## Introduction

Machine learning is used in a range of data science tasks, but it's necessary to explain the natural geometric structure of landscapes arising in machine learning to derive efficient algorithms.

## Explaining the science

Many important challenges in data science can be reduced to the problem of minimising a high dimensional function, typically for the parameters of a neural network. In practice, given the vast numbers of parameters involved (for deep networks this can be millions or more), the available data is often sparse (it may even be smaller than the number of parameters) and a full exploration is never possible.

Much work is therefore needed to explain the natural geometric structure of landscapes arising in machine learning and to use this knowledge of the landscape to derive efficient algorithms.

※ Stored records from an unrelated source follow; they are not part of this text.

-- ===== src/Service/External/Outbound.antt =====
-- Money that goes to another bank: the intent is recorded and its money held, the provider is asked,
-- and its answer ends the transfer (`ExternalOutboundTransfer` of corebanking/service_external.go).
use lenz.Prelude.{String, Bool, true, List, [], ◌∷◌, if◌then◌else◌}
use lenz.Prelude.Int.{pos}
use lenz.Model.{
  Status, Direction, Transfer, RecordTransferInput, ExternalOutboundTransferInput,
  ExternalOutboundTransferResult, ProviderTransferRequest,
}
use lenz.Tx.{gets}
use lenz.Fingerprint.{external_outbound_transfer_request_fingerprint}
use lenz.Accounts.{get_default_internal_settlement_account}
use lenz.Transfers.Record.{begin_external_outbound_transfer}
use lenz.Transfers.Complete.{complete_external_outbound_transfer}
use lenz.Provider.{TransferProvider, first_non_blank}
use lenz.Service.Action.{Action, done, query, call, attempt, transact, ◌>>=◌}
use lenz.Service.External.{hold_id_of, answer_of, provider_of}
use lenz.Service.External.Inputs.{
  normalize_external_outbound_transfer_input, external_outbound_completion_input,
}

-- `externalOutboundTransferResult`
unfoldable pub external_outbound_transfer_result :
    {S : Type 0} → Transfer → Action S ExternalOutboundTransferResult
unfolding hold_id_of
external_outbound_transfer_result transfer = do
  hold_id ← query (hold_id_of transfer)
  done (record {
    transfer_id = transfer.id;
    source_account_id = transfer.account_id;
    provider = transfer.provider;
    provider_reference = transfer.provider_reference;
    provider_status = transfer.provider_status;
    ledger_status = transfer.ledger_status;
    reconciliation_status = transfer.reconciliation_status;
    status = transfer.status;
    amount_minor = transfer.amount_minor;
    currency_id = transfer.currency_id;
    journal_entry_id = transfer.journal_entry_id;
    hold_id = hold_id;
    created_at = transfer.created_at;
  })

-- The reference that the provider is given.
abbrev pub outbound_reference : ExternalOutboundTransferInput → String
outbound_reference input = first_non_blank (input.reference ∷ input.idempotency_key ∷ [])

-- The intent: a pending transfer that is refused if the money is not there.
abbrev pub intent_input :
    (String → String) → ExternalOutboundTransferInput → String → RecordTransferInput
intent_input sha256_hex input clearing_account_id = record {
  institution_id = input.institution_id;
  account_id = input.source_account_id;
  clearing_account_id = clearing_account_id;
  direction = Direction.outbound;
  status = Status.pending;
  amount_minor = input.amount_minor;
  currency_id = input.currency_id;
  idempotency_key = input.idempotency_key;
  provider = input.provider;
  provider_reference = outbound_reference input;
  provider_event_id = "";
  provider_status = Status.pending;
  reversal_of_transfer_id = "";
  request_fingerprint = external_outbound_transfer_request_fingerprint sha256_hex input;
  failure_reason = "";
  narration = input.narration;
  reject_insufficient = true;
  require_available = true;
}

abbrev pub outbound_request : ExternalOutboundTransferInput → ProviderTransferRequest
outbound_request input = record {
  institution_id = input.institution_id;
  account_id = input.source_account_id;
  destination_institution_code = input.destination_institution_code;
  destination_account_number = input.destination_account_number;
  destination_account_name = input.destination_account_name;
  amount_minor = input.amount_minor;
  currency_id = input.currency_id;
  idempotency_key = input.idempotency_key;
  provider_reference = outbound_reference input;
  provider_event_id = "";
  status = Status.other "";
  failure_reason = "";
  narration = input.narration;
  scenario = input.scenario;
  delay_seconds = pos 0;
}

-- The provider is asked, and its answer completes the transfer that was recorded.
unfoldable pub ask_and_complete :
    {S Payload : Type 0}
    → TransferProvider S Payload
    → Transfer
    → RecordTransferInput
    → ProviderTransferRequest
    → Action S Transfer
unfolding answer_of external_outbound_completion_input
ask_and_complete provider intent intent_in request = do
  answer ← attempt (call (provider.initiate_transfer request))
  let result = answer_of provider.name request answer
  transact (
      complete_external_outbound_transfer intent.id
        (external_outbound_completion_input intent_in result))

module _ {S Payload : Type 0} (is_uuid : String → Bool)
    (providers : List (String × TransferProvider S Payload)) where
  -- `ExternalOutboundTransfer`
  unfoldable pub external_outbound_transfer :
      ExternalOutboundTransferInput → Action S ExternalOutboundTransferResult
  unfolding normalize_external_outbound_transfer_input provider_of first_non_blank
      external_outbound_transfer_request_fingerprint ask_and_complete
      external_outbound_transfer_result
  external_outbound_transfer given = do
    input ← query (normalize_external_outbound_transfer_input is_uuid given)
    provider ← provider_of providers input.provider
    clearing ←
        query (get_default_internal_settlement_account input.institution_id input.currency_id)
    sha256_hex ← query (gets (λ s. s.env.sha256_hex))
    let intent_in = intent_input sha256_hex input clearing.id
    begun ← transact (begin_external_outbound_transfer intent_in)
    let intent = begun.0
    if begun.1
        then (ask_and_complete provider intent intent_in (outbound_request input)
            >>= external_outbound_transfer_result)
        else external_outbound_transfer_result intent
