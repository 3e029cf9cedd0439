-- ===== src/Transfers/Requery.antt =====
-- The outcome of a requery of a pending transfer at its provider (`CompleteExternalTransferRequery`
-- and `updatePendingInboundTransferRequery` of corebanking/sql_transfer_repository.go).
use lenz.Prelude.{ℕ, String, Bool, true, false, none, not, ◌&&◌, ◌||◌, ◌==◌, if◌then◌else◌}
use lenz.Prelude.Int.{eqb_ℤ}
use lenz.Prelude.Text.{trim_space, to_lower, to_upper}
use lenz.Model.{
  Status, Direction, LedgerStatus, ReconciliationStatus, normalize_status, direction_of_text,
  direction_text, is_pending, is_unknown, is_inbound, same_direction, Transfer, RecordTransferInput,
  Error,
}
use lenz.Tx.{Store, Result, Tx, pure, fail, gets, fail_if, with_tx, ◌>>=◌, ◌>>◌}
use lenz.Policy.{transfer_statuses}
use lenz.Audit.Transfers.{ledger_internal, audit_external_inbound_transfer}
use lenz.Accounts.{lock_account_balance}
use lenz.Transfers.{get_transfer, update_transfer, given_or, narration_or}
use lenz.Transfers.Settle.{settle_pending_transfer}
use lenz.Transfers.Complete.{external_outbound_transfer_statuses, complete_external_outbound}

abbrev pub provider_unknown_failure_reason : String
provider_unknown_failure_reason = "provider_status_unknown"

-- The trimming at the head of `CompleteExternalTransferRequery`.
unfoldable pub normalize_requery : RecordTransferInput → RecordTransferInput
normalize_requery input = record input {
  institution_id = trim_space input.institution_id;
  account_id = trim_space input.account_id;
  clearing_account_id = trim_space input.clearing_account_id;
  direction = direction_of_text (to_lower (trim_space (direction_text input.direction)));
  status = normalize_status input.status;
  provider = trim_space input.provider;
  provider_reference = trim_space input.provider_reference;
  provider_status = normalize_status input.provider_status;
  currency_id = to_upper (trim_space input.currency_id);
  failure_reason = trim_space input.failure_reason;
  narration = trim_space input.narration;
}

-- `requeryableProviderStatus`
abbrev pub is_requeryable : Status → Bool
is_requeryable Status.pending = true
is_requeryable Status.provider_unknown = true
is_requeryable _ = false

abbrev pub is_ledger_pending : LedgerStatus → Bool
is_ledger_pending LedgerStatus.pending = true
is_ledger_pending _ = false

abbrev differs_inbound : Transfer → RecordTransferInput → Bool
differs_inbound pending input =
    not (is_inbound pending.direction)
    || not (pending.account_id == input.account_id)
    || not (eqb_ℤ pending.amount_minor input.amount_minor)
    || not (pending.currency_id == input.currency_id)

-- The failure reason of a pending inbound transfer after a requery.
abbrev pending_failure : RecordTransferInput → Status → String
pending_failure input provider_status =
    let reason = trim_space input.failure_reason in
    if is_unknown provider_status && reason == "" then provider_unknown_failure_reason else reason

-- The columns that the UPDATE sets.
abbrev pub requeried_row :
    RecordTransferInput
    → Status
    → LedgerStatus × ReconciliationStatus
    → String
    → ℕ
    → Transfer
    → Transfer
requeried_row input provider_status outcome reason now t = record t {
  status = Status.pending;
  provider_status = provider_status;
  ledger_status = outcome.0;
  reconciliation_status =
      if is_unknown provider_status then ReconciliationStatus.manual_review else outcome.1;
  provider_reference = input.provider_reference;
  failure_reason = given_or reason none;
  narration = narration_or input.narration t.narration;
  updated_at = now;
}

-- `updatePendingInboundTransferRequery`
unfoldable pub update_pending_inbound_requery :
    Transfer → RecordTransferInput → Status → Tx Transfer
update_pending_inbound_requery pending input provider_status = do
  fail_if (differs_inbound pending input) Error.conflict
  locked ← lock_account_balance pending.institution_id pending.account_id
  now ← gets (λ s. s.env.now)
  let outcome = transfer_statuses Status.pending
  let reason = pending_failure input provider_status
  update_transfer pending.institution_id pending.id
      (requeried_row input provider_status outcome reason now)
  updated ← get_transfer pending.institution_id pending.id
  audit_external_inbound_transfer (record input { failure_reason = reason }) updated locked.account
  pure updated

-- The requery is about another transfer.
abbrev pub differs_requery : Transfer → RecordTransferInput → Bool
differs_requery current input =
    not (current.provider == input.provider)
    || not (same_direction current.direction input.direction)
    || not (current.account_id == input.account_id)
    || not (eqb_ℤ current.amount_minor input.amount_minor)
    || not (current.currency_id == input.currency_id)

abbrev pub requery_direction :
    Direction → Transfer → RecordTransferInput → Status × Status → Tx Transfer
requery_direction Direction.outbound current input statuses =
    complete_external_outbound current.id input
requery_direction Direction.inbound current input (status, provider_status) =
    if is_pending status
    then update_pending_inbound_requery current input provider_status
    else settle_pending_transfer current input
requery_direction _ current input statuses = fail Error.invalid_request

-- The part for a transfer that is still pending.
unfoldable pub requery_pending : Transfer → RecordTransferInput → Tx Transfer
requery_pending current input = do
  fail_if
      (not (is_ledger_pending current.ledger_status)
        || not (is_requeryable current.provider_status))
      Error.invalid_request
  statuses ← external_outbound_transfer_statuses input
  requery_direction current.direction current input statuses

-- The body on the trimmed input.
unfoldable pub requery : String → RecordTransferInput → Tx Transfer
unfolding requery_pending
requery transfer_id input = do
  fail_if
      (transfer_id == ""
        || input.institution_id == ""
        || input.account_id == ""
        || input.clearing_account_id == ""
        || input.provider == ""
        || input.currency_id == "")
      Error.invalid_request
  current ← get_transfer input.institution_id transfer_id
  fail_if (current.provider == ledger_internal) Error.invalid_request
  fail_if (differs_requery current input) Error.conflict
  let reference =
      if input.provider_reference == ""
      then current.provider_reference
      else input.provider_reference
  fail_if (reference == "") Error.invalid_request
  fail_if (not (current.provider_reference == "") && not (current.provider_reference == reference))
      Error.conflict
  let named = record input { provider_reference = reference }
  if not (is_pending current.status) then pure current else requery_pending current named

-- `CompleteExternalTransferRequery`
unfoldable pub complete_external_transfer_requery :
    String → RecordTransferInput → Store → Result Transfer × Store
unfolding requery normalize_requery with_tx
complete_external_transfer_requery transfer_id input =
    with_tx (requery (trim_space transfer_id) (normalize_requery input))
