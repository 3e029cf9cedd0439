-- ===== src/Service/External/Requery.antt =====
-- A pending transfer whose outcome is asked of the provider again (`ExternalTransferRequery` of
-- corebanking/service_external.go).
use lenz.Prelude.{String, Bool, true, Option, none, some, List, not, ◌||◌, ◌==◌, if◌then◌else◌}
use lenz.Prelude.Int.{pos}
use lenz.Model.{
  Status, is_pending, Transfer, ExternalTransferRequeryInput, ExternalTransferRequeryResult,
  ProviderTransferResult, Error,
}
use lenz.Tx.{Result, ok, err}
use lenz.Audit.Transfers.{ledger_internal}
use lenz.Accounts.{get_default_internal_settlement_account}
use lenz.Transfers.{get_transfer}
use lenz.Transfers.Requery.{is_ledger_pending, is_requeryable, complete_external_transfer_requery}
use lenz.Provider.{
  TransferProvider, provider_transfer_status_unknown, provider_unknown_transfer_result,
}
use lenz.Service.Action.{Action, done, stop, stop_if, query, call, attempt, transact, ◌>>=◌, ◌>>◌}
use lenz.Service.External.{hold_id_of, provider_of}
use lenz.Service.External.Inputs.{
  normalize_external_transfer_requery_input, requery_provider_reference,
  external_transfer_requery_completion_input,
}

-- `externalTransferRequeryResult`
unfoldable pub external_transfer_requery_result :
    {S : Type 0} → Transfer → String → Action S ExternalTransferRequeryResult
unfolding hold_id_of
external_transfer_requery_result transfer message = do
  hold_id ← query (hold_id_of transfer)
  done (record {
    transfer_id = transfer.id;
    account_id = transfer.account_id;
    direction = transfer.direction;
    provider = transfer.provider;
    provider_reference = transfer.provider_reference;
    provider_status = transfer.provider_status;
    ledger_status = transfer.ledger_status;
    reconciliation_status = transfer.reconciliation_status;
    status = transfer.status;
    amount_minor = transfer.amount_minor;
    currency_id = transfer.currency_id;
    journal_entry_id = transfer.journal_entry_id;
    hold_id = hold_id;
    message = message;
    created_at = transfer.created_at;
  })

-- `providerRequeryStatusUnknown`
unfoldable pub provider_requery_status_unknown : Error → Bool
unfolding provider_transfer_status_unknown
provider_requery_status_unknown Error.provider_unavailable = true
provider_requery_status_unknown e = provider_transfer_status_unknown e

-- `providerUnknownRequeryResult`, of the provider of that name.
unfoldable pub provider_unknown_requery_result :
    String → Transfer → String → String → ProviderTransferResult
unfolding provider_unknown_transfer_result
provider_unknown_requery_result name transfer provider_reference narration =
    provider_unknown_transfer_result name (record {
      institution_id = transfer.institution_id;
      account_id = transfer.account_id;
      destination_institution_code = "";
      destination_account_number = "";
      destination_account_name = "";
      amount_minor = transfer.amount_minor;
      currency_id = transfer.currency_id;
      idempotency_key = transfer.idempotency_key;
      provider_reference = provider_reference;
      provider_event_id = "";
      status = Status.other "";
      failure_reason = "";
      narration = narration;
      scenario = "";
      delay_seconds = pos 0;
    })

-- The message of a requery: that of the answer while the transfer is pending, that of its end else.
abbrev pub requery_outcome_message : Status → String → String
requery_outcome_message Status.pending message = message
requery_outcome_message Status.succeeded message = "requery_succeeded"
requery_outcome_message Status.failed message = "requery_failed"
requery_outcome_message _ message = "already_final"

-- The provider's answer, or the one that stands for an unknown outcome.
unfoldable pub requery_answer :
    {S : Type 0}
    → String
    → Transfer
    → String
    → String
    → Result (Option ProviderTransferResult)
    → Action S ProviderTransferResult
unfolding provider_requery_status_unknown provider_unknown_requery_result
requery_answer name transfer reference note (ok (some result)) = done result
requery_answer name transfer reference note (ok none) =
    done (provider_unknown_requery_result name transfer reference note)
requery_answer name transfer reference note (err e) =
    if provider_requery_status_unknown e
    then done (provider_unknown_requery_result name transfer reference note)
    else stop e

module _ {S Payload : Type 0} where
  -- `applyMockRequeryScenario`
  unfoldable pub apply_mock_requery_scenario :
      TransferProvider S Payload → String → String → Action S (Unit {0})
  apply_mock_requery_scenario provider provider_reference scenario =
      if scenario == "" then done tt else elim provider.set_requery_scenario [
        | none ↦ stop Error.invalid_request
        | some set_scenario ↦ call (set_scenario provider_reference scenario)
      ]

  -- The provider is asked, and its answer ends the transfer or keeps it pending.
  unfoldable pub ask_again :
      List (String × TransferProvider S Payload)
      → ExternalTransferRequeryInput
      → Transfer
      → Action S ExternalTransferRequeryResult
  unfolding requery_provider_reference provider_of apply_mock_requery_scenario requery_answer
      external_transfer_requery_completion_input external_transfer_requery_result
  ask_again providers input transfer = do
    reference ← query (requery_provider_reference transfer input.provider_reference)
    provider ← provider_of providers transfer.provider
    apply_mock_requery_scenario provider reference input.scenario
    answered ← attempt (call (provider.requery_transfer reference))
    result ← requery_answer provider.name transfer reference input.note answered
    clearing ←
        query (get_default_internal_settlement_account transfer.institution_id transfer.currency_id)
    completion ← query (
        external_transfer_requery_completion_input transfer clearing.id reference input.note result)
    completed ← transact (complete_external_transfer_requery transfer.id completion.0)
    external_transfer_requery_result completed
        (requery_outcome_message completed.status completion.1)

module _ {S Payload : Type 0} (is_uuid : String → Bool)
    (providers : List (String × TransferProvider S Payload)) where
  -- `ExternalTransferRequery`
  unfoldable pub external_transfer_requery :
      ExternalTransferRequeryInput → Action S ExternalTransferRequeryResult
  unfolding normalize_external_transfer_requery_input external_transfer_requery_result ask_again
  external_transfer_requery given = do
    input ← query (normalize_external_transfer_requery_input is_uuid given)
    transfer ← query (get_transfer input.institution_id input.transfer_id)
    stop_if (transfer.provider == ledger_internal) Error.invalid_request
    if not (is_pending transfer.status)
        then external_transfer_requery_result transfer "already_final"
        else (stop_if
              (not (is_ledger_pending transfer.ledger_status)
                || not (is_requeryable transfer.provider_status))
              Error.invalid_request
            >> ask_again providers input transfer)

In close analogy to the problems of data science, simulations in chemistry and physics often involve modelling the 'energy landscape' which describes the relative weight of different states, for example describing the configurations of atoms. The complexity and high-dimensionality of the underlying system often make exploration of the most probable states difficult.

This challenge has given rise to the development of the Monte-Carlo (MC) method, and molecular dynamics (MD). The development of molecular sampling methods has gone hand in hand with the design of algorithms for optimisation, for example the protein folding problem is usually formulated as a global optimisation problem. Optimisation also plays a key role in the refinement of experimental (e.g. spectroscopy) data and the search for structural motifs for new materials.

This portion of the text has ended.